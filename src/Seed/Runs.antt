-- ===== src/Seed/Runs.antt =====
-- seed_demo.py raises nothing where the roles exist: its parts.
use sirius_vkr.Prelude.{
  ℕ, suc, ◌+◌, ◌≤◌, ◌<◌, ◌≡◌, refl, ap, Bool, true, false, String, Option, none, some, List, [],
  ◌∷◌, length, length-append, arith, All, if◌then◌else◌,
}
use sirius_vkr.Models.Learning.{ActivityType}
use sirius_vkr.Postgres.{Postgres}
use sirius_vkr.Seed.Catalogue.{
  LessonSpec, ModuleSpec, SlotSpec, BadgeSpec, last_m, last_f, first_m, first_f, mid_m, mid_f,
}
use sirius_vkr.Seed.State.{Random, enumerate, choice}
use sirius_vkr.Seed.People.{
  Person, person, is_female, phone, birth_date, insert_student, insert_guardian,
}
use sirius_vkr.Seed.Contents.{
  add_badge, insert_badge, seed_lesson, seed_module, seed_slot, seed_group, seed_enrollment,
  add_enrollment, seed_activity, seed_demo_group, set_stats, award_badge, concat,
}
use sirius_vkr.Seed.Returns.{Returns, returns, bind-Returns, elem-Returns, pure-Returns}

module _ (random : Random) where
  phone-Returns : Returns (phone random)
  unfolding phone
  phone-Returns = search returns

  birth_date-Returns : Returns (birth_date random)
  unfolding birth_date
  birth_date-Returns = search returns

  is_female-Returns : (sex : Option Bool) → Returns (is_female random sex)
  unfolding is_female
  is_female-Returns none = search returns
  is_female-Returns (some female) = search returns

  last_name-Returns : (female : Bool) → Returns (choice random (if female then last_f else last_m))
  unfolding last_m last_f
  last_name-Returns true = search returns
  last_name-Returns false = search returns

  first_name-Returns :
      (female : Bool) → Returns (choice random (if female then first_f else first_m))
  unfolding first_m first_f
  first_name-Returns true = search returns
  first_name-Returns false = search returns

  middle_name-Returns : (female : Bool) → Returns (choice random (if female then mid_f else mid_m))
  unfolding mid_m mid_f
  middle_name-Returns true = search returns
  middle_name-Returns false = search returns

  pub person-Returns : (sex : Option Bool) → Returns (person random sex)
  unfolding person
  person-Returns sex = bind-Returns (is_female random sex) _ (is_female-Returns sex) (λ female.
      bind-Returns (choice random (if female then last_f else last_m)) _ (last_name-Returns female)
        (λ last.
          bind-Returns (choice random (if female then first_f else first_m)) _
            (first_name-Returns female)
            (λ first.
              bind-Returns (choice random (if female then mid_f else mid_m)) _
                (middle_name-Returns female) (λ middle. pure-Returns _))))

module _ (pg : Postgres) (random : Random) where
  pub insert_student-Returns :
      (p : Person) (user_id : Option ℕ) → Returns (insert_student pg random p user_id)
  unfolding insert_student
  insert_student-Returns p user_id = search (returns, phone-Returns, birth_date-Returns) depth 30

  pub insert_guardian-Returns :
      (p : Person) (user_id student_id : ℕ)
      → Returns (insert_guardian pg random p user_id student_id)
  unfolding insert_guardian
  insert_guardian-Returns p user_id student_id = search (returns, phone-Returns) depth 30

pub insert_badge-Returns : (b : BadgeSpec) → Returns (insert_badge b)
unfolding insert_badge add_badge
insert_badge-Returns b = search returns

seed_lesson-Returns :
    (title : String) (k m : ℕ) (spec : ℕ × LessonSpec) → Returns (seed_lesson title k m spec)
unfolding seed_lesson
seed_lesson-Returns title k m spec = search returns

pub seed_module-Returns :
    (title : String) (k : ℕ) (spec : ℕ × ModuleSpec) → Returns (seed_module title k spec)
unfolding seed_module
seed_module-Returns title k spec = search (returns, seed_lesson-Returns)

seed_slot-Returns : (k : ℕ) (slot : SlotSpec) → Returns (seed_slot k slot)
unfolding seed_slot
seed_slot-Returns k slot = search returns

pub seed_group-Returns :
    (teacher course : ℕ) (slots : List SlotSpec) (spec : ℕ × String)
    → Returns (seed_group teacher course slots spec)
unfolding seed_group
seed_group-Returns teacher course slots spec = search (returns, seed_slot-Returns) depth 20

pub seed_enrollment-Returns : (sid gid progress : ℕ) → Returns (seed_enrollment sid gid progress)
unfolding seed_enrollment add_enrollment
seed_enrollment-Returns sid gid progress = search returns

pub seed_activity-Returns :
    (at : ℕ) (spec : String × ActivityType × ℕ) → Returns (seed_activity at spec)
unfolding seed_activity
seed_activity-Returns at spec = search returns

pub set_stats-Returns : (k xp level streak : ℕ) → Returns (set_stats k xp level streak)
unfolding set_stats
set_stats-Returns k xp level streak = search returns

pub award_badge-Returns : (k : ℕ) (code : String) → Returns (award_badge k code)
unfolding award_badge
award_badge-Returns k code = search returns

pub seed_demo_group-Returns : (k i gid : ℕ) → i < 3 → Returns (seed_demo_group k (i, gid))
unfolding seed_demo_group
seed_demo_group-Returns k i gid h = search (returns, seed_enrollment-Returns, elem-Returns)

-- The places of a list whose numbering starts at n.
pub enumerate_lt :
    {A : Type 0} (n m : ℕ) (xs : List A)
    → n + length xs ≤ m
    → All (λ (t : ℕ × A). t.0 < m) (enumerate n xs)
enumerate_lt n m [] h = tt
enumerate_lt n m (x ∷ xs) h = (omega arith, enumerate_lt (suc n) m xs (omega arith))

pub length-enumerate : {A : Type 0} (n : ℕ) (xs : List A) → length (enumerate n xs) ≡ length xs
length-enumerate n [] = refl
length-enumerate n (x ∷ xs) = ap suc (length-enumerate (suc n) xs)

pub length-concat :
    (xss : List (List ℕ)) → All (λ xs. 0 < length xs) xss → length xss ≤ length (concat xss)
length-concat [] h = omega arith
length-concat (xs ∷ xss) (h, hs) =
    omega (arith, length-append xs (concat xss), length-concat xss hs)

* * * * * * *

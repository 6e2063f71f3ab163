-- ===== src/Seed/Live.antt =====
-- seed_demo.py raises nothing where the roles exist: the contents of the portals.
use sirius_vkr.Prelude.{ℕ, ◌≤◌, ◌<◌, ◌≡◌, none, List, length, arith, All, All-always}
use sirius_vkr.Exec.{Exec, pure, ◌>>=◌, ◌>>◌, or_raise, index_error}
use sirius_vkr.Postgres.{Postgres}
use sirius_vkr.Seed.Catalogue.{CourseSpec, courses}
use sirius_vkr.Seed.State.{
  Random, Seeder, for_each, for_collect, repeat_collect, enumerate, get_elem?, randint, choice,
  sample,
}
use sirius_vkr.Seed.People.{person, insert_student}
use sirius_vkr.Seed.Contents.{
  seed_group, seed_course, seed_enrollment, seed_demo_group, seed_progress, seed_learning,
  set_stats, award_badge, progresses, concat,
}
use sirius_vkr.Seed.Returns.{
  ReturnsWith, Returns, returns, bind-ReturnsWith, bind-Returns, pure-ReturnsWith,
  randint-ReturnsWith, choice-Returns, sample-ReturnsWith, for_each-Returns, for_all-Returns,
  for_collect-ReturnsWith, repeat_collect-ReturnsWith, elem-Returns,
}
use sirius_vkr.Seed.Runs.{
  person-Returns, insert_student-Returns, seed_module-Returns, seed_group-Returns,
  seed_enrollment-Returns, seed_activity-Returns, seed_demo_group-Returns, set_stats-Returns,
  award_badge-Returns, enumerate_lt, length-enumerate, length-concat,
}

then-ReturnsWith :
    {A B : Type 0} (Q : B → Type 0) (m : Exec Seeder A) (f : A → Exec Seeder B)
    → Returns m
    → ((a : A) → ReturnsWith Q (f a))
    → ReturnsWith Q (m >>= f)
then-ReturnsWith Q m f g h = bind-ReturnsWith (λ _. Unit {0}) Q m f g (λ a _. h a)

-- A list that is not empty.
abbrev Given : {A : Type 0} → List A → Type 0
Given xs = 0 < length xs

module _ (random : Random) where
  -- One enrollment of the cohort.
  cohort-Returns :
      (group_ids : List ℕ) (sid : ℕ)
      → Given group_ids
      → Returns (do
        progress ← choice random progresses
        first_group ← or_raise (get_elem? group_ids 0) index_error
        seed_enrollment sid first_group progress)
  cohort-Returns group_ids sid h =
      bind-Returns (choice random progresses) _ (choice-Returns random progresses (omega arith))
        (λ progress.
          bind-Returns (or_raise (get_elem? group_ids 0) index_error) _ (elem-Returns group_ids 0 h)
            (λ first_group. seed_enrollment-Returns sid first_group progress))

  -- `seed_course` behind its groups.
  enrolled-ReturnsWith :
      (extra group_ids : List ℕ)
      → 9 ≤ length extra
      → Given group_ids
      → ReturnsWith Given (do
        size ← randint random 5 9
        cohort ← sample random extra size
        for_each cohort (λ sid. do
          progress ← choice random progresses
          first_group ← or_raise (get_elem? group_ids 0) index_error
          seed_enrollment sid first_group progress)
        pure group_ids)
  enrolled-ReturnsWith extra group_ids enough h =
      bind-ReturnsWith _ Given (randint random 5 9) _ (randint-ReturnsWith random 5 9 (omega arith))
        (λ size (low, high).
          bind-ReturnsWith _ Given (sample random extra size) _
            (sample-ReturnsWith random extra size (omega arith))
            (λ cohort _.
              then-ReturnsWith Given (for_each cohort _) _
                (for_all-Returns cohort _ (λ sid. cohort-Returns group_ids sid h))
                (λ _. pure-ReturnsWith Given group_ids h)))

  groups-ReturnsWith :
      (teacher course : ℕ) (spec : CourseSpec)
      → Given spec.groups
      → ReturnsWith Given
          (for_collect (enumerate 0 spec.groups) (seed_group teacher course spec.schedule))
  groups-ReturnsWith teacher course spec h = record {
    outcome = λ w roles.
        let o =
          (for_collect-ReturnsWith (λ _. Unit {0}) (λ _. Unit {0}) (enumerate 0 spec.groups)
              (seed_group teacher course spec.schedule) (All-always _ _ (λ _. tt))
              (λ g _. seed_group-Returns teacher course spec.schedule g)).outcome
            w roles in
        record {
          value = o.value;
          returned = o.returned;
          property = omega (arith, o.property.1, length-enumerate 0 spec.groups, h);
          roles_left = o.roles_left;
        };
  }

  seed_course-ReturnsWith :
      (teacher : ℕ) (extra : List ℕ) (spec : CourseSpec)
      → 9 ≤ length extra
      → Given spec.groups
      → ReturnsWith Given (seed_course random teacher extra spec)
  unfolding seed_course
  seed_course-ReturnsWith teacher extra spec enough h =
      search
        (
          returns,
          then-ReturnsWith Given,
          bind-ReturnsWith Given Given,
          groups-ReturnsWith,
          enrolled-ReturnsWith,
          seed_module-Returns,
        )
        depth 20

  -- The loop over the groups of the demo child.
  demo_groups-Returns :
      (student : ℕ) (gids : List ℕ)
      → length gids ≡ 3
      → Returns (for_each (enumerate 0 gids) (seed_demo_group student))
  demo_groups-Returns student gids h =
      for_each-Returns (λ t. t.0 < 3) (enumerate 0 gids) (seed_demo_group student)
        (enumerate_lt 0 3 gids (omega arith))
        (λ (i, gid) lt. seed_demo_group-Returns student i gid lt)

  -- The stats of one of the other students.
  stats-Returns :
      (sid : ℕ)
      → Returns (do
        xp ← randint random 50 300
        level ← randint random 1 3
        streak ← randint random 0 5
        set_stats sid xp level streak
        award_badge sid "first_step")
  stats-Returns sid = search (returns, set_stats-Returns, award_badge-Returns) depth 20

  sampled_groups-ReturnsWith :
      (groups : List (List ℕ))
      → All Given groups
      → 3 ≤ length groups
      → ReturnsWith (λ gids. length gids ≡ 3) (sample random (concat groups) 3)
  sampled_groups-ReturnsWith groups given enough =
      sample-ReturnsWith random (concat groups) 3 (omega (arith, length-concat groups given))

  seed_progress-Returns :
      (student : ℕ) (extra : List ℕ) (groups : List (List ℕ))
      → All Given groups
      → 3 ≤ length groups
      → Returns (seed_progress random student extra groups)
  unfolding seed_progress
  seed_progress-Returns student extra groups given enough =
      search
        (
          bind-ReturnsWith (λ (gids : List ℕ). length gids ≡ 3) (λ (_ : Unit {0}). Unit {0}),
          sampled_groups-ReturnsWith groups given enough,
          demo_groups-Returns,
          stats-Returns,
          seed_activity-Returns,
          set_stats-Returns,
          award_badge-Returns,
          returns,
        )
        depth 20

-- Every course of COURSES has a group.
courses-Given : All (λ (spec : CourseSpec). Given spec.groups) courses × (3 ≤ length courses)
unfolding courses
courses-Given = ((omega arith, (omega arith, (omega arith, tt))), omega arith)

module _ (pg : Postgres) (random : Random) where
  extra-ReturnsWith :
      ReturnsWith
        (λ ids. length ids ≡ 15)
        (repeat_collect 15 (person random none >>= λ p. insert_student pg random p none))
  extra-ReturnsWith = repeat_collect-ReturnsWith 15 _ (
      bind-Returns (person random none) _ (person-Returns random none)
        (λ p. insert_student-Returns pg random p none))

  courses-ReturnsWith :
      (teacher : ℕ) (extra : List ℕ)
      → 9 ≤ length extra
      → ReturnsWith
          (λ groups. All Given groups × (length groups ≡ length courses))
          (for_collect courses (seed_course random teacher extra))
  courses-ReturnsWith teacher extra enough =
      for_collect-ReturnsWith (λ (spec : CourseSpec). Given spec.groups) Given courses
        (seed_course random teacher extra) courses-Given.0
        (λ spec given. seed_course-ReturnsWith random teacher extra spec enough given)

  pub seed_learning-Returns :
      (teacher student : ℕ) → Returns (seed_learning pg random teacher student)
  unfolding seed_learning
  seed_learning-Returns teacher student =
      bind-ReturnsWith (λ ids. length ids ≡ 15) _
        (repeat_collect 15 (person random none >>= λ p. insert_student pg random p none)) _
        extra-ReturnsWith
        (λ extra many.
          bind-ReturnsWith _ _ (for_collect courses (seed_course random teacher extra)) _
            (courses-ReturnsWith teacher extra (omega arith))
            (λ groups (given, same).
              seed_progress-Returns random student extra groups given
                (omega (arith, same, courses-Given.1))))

* * * * * * *

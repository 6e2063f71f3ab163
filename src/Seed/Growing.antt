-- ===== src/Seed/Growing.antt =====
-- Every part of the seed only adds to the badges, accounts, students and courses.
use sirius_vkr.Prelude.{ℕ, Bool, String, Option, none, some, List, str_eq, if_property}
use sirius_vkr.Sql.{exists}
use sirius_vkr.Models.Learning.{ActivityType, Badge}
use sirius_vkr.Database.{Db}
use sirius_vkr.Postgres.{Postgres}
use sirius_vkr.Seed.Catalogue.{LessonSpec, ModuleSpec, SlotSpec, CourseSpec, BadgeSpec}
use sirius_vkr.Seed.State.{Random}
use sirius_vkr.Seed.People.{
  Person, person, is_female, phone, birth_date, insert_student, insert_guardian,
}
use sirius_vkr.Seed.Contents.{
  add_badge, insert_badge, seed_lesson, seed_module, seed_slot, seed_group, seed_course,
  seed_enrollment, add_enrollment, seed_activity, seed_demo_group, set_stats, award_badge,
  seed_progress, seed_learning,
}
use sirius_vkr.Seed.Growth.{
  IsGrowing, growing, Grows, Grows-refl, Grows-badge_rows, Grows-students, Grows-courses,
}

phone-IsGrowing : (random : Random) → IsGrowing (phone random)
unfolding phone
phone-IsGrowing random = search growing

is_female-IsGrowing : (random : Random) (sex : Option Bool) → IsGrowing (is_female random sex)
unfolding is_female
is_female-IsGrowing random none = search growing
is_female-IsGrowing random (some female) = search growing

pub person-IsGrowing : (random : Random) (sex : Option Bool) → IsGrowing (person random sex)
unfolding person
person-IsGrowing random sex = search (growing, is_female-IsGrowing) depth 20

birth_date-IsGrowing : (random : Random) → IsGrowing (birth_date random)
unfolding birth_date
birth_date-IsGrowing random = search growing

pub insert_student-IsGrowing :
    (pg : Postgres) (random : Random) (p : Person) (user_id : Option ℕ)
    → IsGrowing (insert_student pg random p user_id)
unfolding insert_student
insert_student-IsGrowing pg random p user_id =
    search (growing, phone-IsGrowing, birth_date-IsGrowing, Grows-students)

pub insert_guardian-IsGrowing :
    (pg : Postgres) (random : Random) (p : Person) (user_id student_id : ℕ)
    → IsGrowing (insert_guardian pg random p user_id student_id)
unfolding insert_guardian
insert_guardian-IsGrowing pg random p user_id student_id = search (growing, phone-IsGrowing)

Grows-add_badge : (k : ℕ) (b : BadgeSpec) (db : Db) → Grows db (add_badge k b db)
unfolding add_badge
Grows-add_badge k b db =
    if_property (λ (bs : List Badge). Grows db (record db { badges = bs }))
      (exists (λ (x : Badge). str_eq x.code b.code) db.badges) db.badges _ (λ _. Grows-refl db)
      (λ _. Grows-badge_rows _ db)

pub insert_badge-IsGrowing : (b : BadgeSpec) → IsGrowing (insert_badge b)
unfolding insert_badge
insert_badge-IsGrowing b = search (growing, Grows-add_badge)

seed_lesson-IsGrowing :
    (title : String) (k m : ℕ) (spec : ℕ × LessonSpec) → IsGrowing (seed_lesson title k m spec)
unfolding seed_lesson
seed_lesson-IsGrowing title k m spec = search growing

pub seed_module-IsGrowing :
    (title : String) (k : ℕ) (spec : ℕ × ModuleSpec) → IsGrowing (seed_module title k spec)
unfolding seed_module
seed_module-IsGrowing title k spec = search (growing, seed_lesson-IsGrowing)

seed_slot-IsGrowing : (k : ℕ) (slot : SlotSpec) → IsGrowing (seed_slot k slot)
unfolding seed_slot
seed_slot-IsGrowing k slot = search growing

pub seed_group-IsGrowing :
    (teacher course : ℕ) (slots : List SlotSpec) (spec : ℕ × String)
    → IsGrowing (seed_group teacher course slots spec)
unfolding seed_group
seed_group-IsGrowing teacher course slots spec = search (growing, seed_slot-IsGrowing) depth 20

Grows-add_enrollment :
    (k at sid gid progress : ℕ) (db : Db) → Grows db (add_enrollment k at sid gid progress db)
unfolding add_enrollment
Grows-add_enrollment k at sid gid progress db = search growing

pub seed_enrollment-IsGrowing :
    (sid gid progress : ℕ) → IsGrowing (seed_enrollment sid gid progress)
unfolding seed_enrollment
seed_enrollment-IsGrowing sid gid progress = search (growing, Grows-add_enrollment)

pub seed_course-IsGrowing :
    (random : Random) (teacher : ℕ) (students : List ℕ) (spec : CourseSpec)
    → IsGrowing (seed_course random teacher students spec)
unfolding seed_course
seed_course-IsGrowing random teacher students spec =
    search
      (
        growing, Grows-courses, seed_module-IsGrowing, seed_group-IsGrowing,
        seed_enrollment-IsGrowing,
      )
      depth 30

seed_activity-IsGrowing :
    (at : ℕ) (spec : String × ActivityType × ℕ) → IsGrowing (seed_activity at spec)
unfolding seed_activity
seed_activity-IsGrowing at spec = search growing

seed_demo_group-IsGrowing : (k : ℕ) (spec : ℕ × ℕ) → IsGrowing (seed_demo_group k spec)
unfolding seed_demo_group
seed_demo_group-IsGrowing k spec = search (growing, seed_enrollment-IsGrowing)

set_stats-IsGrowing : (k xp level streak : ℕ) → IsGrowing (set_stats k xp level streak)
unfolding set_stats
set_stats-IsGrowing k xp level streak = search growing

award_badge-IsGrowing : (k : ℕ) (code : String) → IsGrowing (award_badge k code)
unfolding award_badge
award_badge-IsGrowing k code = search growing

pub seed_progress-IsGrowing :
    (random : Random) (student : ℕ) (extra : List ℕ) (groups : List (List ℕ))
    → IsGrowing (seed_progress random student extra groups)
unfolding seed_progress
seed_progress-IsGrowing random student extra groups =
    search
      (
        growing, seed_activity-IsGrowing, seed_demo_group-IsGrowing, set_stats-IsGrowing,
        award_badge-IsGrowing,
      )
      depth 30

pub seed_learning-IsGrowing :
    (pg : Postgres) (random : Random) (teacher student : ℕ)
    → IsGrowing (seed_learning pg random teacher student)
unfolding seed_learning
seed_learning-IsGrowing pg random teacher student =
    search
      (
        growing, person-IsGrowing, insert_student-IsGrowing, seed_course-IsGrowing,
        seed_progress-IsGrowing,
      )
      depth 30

* * * * * * *

Find the word "Option" in the entries above. Copy every line that has it.

EXERCISE OUTPUT:
  ℕ, suc, ◌+◌, ◌≤◌, ◌<◌, ◌≡◌, refl, ap, Bool, true, false, String, Option, none, some, List, [],
  is_female-Returns : (sex : Option Bool) → Returns (is_female random sex)
  pub person-Returns : (sex : Option Bool) → Returns (person random sex)
      (p : Person) (user_id : Option ℕ) → Returns (insert_student pg random p user_id)
use sirius_vkr.Prelude.{ℕ, Bool, String, Option, none, some, List, str_eq, if_property}
is_female-IsGrowing : (random : Random) (sex : Option Bool) → IsGrowing (is_female random sex)
pub person-IsGrowing : (random : Random) (sex : Option Bool) → IsGrowing (person random sex)
    (pg : Postgres) (random : Random) (p : Person) (user_id : Option ℕ)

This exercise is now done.